*What you will do*.
From the listing below, copy only the lines running from the line that contains "actor).process_kind ≡ ProcessKind.cron)" to the line that contains "IsCron-process req p actor", both included.

*Extracted information*.
-- ===== src/Schedule/Authority.antt =====
-- The requests of cron_channel.ts before HDS-BRAIN: who sends them, and the command that they become.
use blue_tanuki.Base.{
  ℕ, String, ◌==◌, ◌≡◌, ◌⊎◌, refl, sym, ap, ◌∙◌, inl, inr, false, Option, none, some, List, [], ◌∷◌,
  Bool-cases, if◌then◌else◌, Result, ok, All, bind_ok, ok-injective,
}
use blue_tanuki.Base.Text.{includes}
use blue_tanuki.Base.Trim.{trim}
use blue_tanuki.Base.Dict.{Dict, get, put, get-put}
use blue_tanuki.Base.Json.{Json}
use blue_tanuki.Protocol.{ChannelSendPayload, ToolCallPayload, Body, ExecuteCommand}
use blue_tanuki.Process.Types.{
  InboundRequest, ActorKind, TrustLevel, ProcessKind, ActorRef, ProcessDefinition,
}
use blue_tanuki.Process.Actor.{
  meta_of, resolve_actor, explicit_field, is_trusted_authority_context, string_field, actor_kind_of,
  trust_level_of,
}
use blue_tanuki.Process.Definition.{
  resolve_process, resolve_process_kind, process_kind_of, execution_policy,
}
use blue_tanuki.Controller.Types.{Setting, DecisionLog}
use blue_tanuki.Controller.Command.{
  command_execution_policy_violation, string_meta, trusted_channel_send_from_metadata,
  default_command, command_for, build_command,
}
use blue_tanuki.Routing.Table.{RoutedAction}
use blue_tanuki.Routing.Content.{route_action}
use blue_tanuki.Executor.Policy.{violation-none}
use blue_tanuki.Schedule.Types.{NormalizedTask, CronRuntime}
use blue_tanuki.Schedule.Fire.{
  ProviderAnswer, resolve_content, spread, as_texts, own_metadata, fire,
}
use blue_tanuki.Schedule.Args.{cron_payload_hash}

-- What a spread does not mention stays.
spread-get {ℓ} :
    {V : Type ℓ} (a b : Dict V) (k : String) → get b k ≡ none → get (spread a b) k ≡ get a k
unfolding spread get
spread-get a [] k absent = refl
spread-get a ((j, v) ∷ b) k absent = elim (Bool-cases (j == k)) [
  | inl same ↦ cc (rw same at absent)
  | inr other ↦
      spread-get (put a j v) b k (rw other at absent)
      ∙ get-put a j k v
      ∙ ap (λ c. if c then some v else get a k) other
]

as_texts-get : (m : Dict String) (k : String) → get m k ≡ none → get (as_texts m) k ≡ none
unfolding get
as_texts-get [] k absent = refl
as_texts-get ((j, v) ∷ m) k absent = elim (Bool-cases (j == k)) [
  | inl same ↦ cc (rw same at absent)
  | inr other ↦
      ap (λ c. if c then some (Json.str v) else get (as_texts m) k) other
      ∙ as_texts-get m k (rw other at absent)
]

-- The keys that make a request the gateway's own and say what it sends.
abbrev pub own_keys : List String
own_keys =
    "blue_tanuki.authority_context" ∷ "blue_tanuki.actor_kind" ∷ "blue_tanuki.trust_level"
    ∷ "blue_tanuki.process_kind" ∷ "blue_tanuki.channel_send.channel"
    ∷ "blue_tanuki.channel_send.target" ∷ "blue_tanuki.channel_send.content" ∷ []

-- A request of the scheduler, and the message that it carries.
abbrev pub IsCron : InboundRequest → ChannelSendPayload → Type 0
IsCron req p =
    (get (meta_of req) "blue_tanuki.authority_context" ≡ some (Json.str "gateway_internal_v1"))
    × (get (meta_of req) "blue_tanuki.actor_kind" ≡ some (Json.str "cron"))
    × (get (meta_of req) "blue_tanuki.trust_level" ≡ some (Json.str "trusted"))
    × (get (meta_of req) "blue_tanuki.process_kind" ≡ some (Json.str "cron"))
    × (get (meta_of req) "blue_tanuki.channel_send.channel" ≡ some (Json.str p.channel))
    × (get (meta_of req) "blue_tanuki.channel_send.target" ≡ some (Json.str p.target))
    × (get (meta_of req) "blue_tanuki.channel_send.content" ≡ some (Json.str p.content))

abbrev pub message_of : NormalizedTask → String → ChannelSendPayload
message_of task content = record { channel = task.channel; target = task.target; content = content }

pub fire-IsCron :
    (digest : String → String → String → String → Option ℕ → String) (truncate : String → String)
    (r : CronRuntime) (answer : ProviderAnswer) (id : String) (now : ℕ)
    → All (λ k. get (resolve_content truncate r.task answer).metadata k ≡ none) own_keys
    → IsCron
        (fire digest truncate r answer id now).0
        (message_of r.task (resolve_content truncate r.task answer).content)
unfolding fire get
fire-IsCron digest truncate r answer id now (a, (b, (c, (d, (e, (f, (g, _))))))) =
    let resolved = resolve_content truncate r.task answer in
    let own = own_metadata r.task resolved (
      cron_payload_hash digest r.task.channel r.task.target resolved.content (some r.task.time)
        r.task.interval_ms) in
    let at : (k : String)
        → get resolved.metadata k ≡ none
        → get (spread own (as_texts resolved.metadata)) k ≡ get own k =
      λ k absent.
        spread-get own (as_texts resolved.metadata) k (as_texts-get resolved.metadata k absent) in
    (at _ a, at _ b, at _ c, at _ d, at _ e, at _ f, at _ g)

pub IsCron-actor :
    (req : InboundRequest) (p : ChannelSendPayload)
    → IsCron req p
    → ((resolve_actor req).actor_kind ≡ ActorKind.cron)
      × ((resolve_actor req).trust_level ≡ TrustLevel.trusted)
unfolding resolve_actor explicit_field is_trusted_authority_context string_field actor_kind_of
    trust_level_of
IsCron-actor req p (context, actor, trust, _, _, _, _) =
    (rw (context, actor) refl, rw (context, trust) refl)

pub IsCron-process :
    (req : InboundRequest) (p : ChannelSendPayload) (actor : ActorRef)
    → IsCron req p
    → ((resolve_process req actor).process_kind ≡ ProcessKind.cron)
      × ((resolve_process req actor).execution_policy ≡ execution_policy ProcessKind.cron)
unfolding resolve_process resolve_process_kind explicit_field is_trusted_authority_context
    string_field process_kind_of
IsCron-process req p actor (context, _, _, process, _, _, _) =
    (rw (context, process) refl, rw (context, process) refl)

filled_text :
    (s : String) → (trim s == "") ≡ false → (if trim s == "" then none else some s) ≡ some s
filled_text s h = ap (λ b. if b then none else some s) h

pub IsCron-message :
    (req : InboundRequest) (p : ChannelSendPayload)
    → IsCron req p
    → (trim p.channel == "") ≡ false
    → (trim p.target == "") ≡ false
    → (trim p.content == "") ≡ false
    → trusted_channel_send_from_metadata (meta_of req) ≡ some p
unfolding trusted_channel_send_from_metadata string_meta
IsCron-message req p (context, _, _, _, channel, target, content) h k l =
    rw (context, channel, h, target, k, content, l) refl

-- No tool command passes the policy of the cron process.
no_tool :
    (cmd : ExecuteCommand) (p : ToolCallPayload) (process : ProcessDefinition)
    → cmd.body ≡ Body.tool_call p
    → process.execution_policy ≡ execution_policy ProcessKind.cron
    → command_execution_policy_violation cmd process ≡ none
    → ⊥
unfolding execution_policy includes
no_tool cmd p process body policy h =
    let (named, _) = violation-none cmd p process body h in
    cc (ap (λ x. includes x.allowed_tools p.tool_name) policy, named)

-- The command sends `p`, or does nothing.
abbrev pub Sends : ChannelSendPayload → ExecuteCommand → Type 0
Sends p cmd = (cmd.body ≡ Body.channel_send p) ⊎ ((reason : String) × (cmd.body ≡ Body.noop reason))

sent_or_idle :
    {Num : Type 0} (setting : Setting Num) (req : InboundRequest) (p : ChannelSendPayload)
    (log : DecisionLog Num) (uuid : String) (cmd : ExecuteCommand) (action : Option RoutedAction)
    → trusted_channel_send_from_metadata (meta_of req) ≡ some p
    → ((q : ToolCallPayload) → cmd.body ≡ Body.tool_call q → ⊥)
    → command_for setting req log uuid action ≡ cmd
    → Sends p cmd
unfolding default_command
sent_or_idle setting req p log uuid cmd
      (some (RoutedAction.tool_call name arguments capabilities timeout_ms)) sends refuses is =
    absurd (refuses _ (ap (λ c. c.body) (sym is)))
sent_or_idle setting req p log uuid cmd (some (RoutedAction.noop reason)) sends refuses is =
    inr (reason, ap (λ c. c.body) (sym is))
sent_or_idle setting req p log uuid cmd none sends refuses is =
    inl (ap (λ c. c.body) (sym is) ∙ rw (sends, default_command) refl)

-- A command of the scheduler's request that passes the policy of its process.
pub IsCron-command :
    {Num : Type 0} (setting : Setting Num) (req : InboundRequest) (p : ChannelSendPayload)
    (log : DecisionLog Num) (uuid : String) (cmd : ExecuteCommand)
    → IsCron req p
    → trusted_channel_send_from_metadata (meta_of req) ≡ some p
    → ◌≡◌ {A = Result String ExecuteCommand} (build_command setting req log uuid) (ok cmd)
    → command_execution_policy_violation cmd (resolve_process req (resolve_actor req)) ≡ none
    → Sends p cmd
unfolding build_command
IsCron-command setting req p log uuid cmd cron sends built allowed =
    let (_, policy) = IsCron-process req p (resolve_actor req) cron in
    let (action, _, gives) =
      bind_ok (route_action setting.to_upper setting.parse_json req) _ cmd built in
    sent_or_idle setting req p log uuid cmd action sends
      (λ q body. no_tool cmd q (resolve_process req (resolve_actor req)) body policy allowed)
      (ok-injective _ cmd gives)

*Finished task*.
    → ((resolve_process req actor).process_kind ≡ ProcessKind.cron)
      × ((resolve_process req actor).execution_policy ≡ execution_policy ProcessKind.cron)
unfolding resolve_process resolve_process_kind explicit_field is_trusted_authority_context
    string_field process_kind_of
IsCron-process req p actor (context, _, _, process, _, _, _) =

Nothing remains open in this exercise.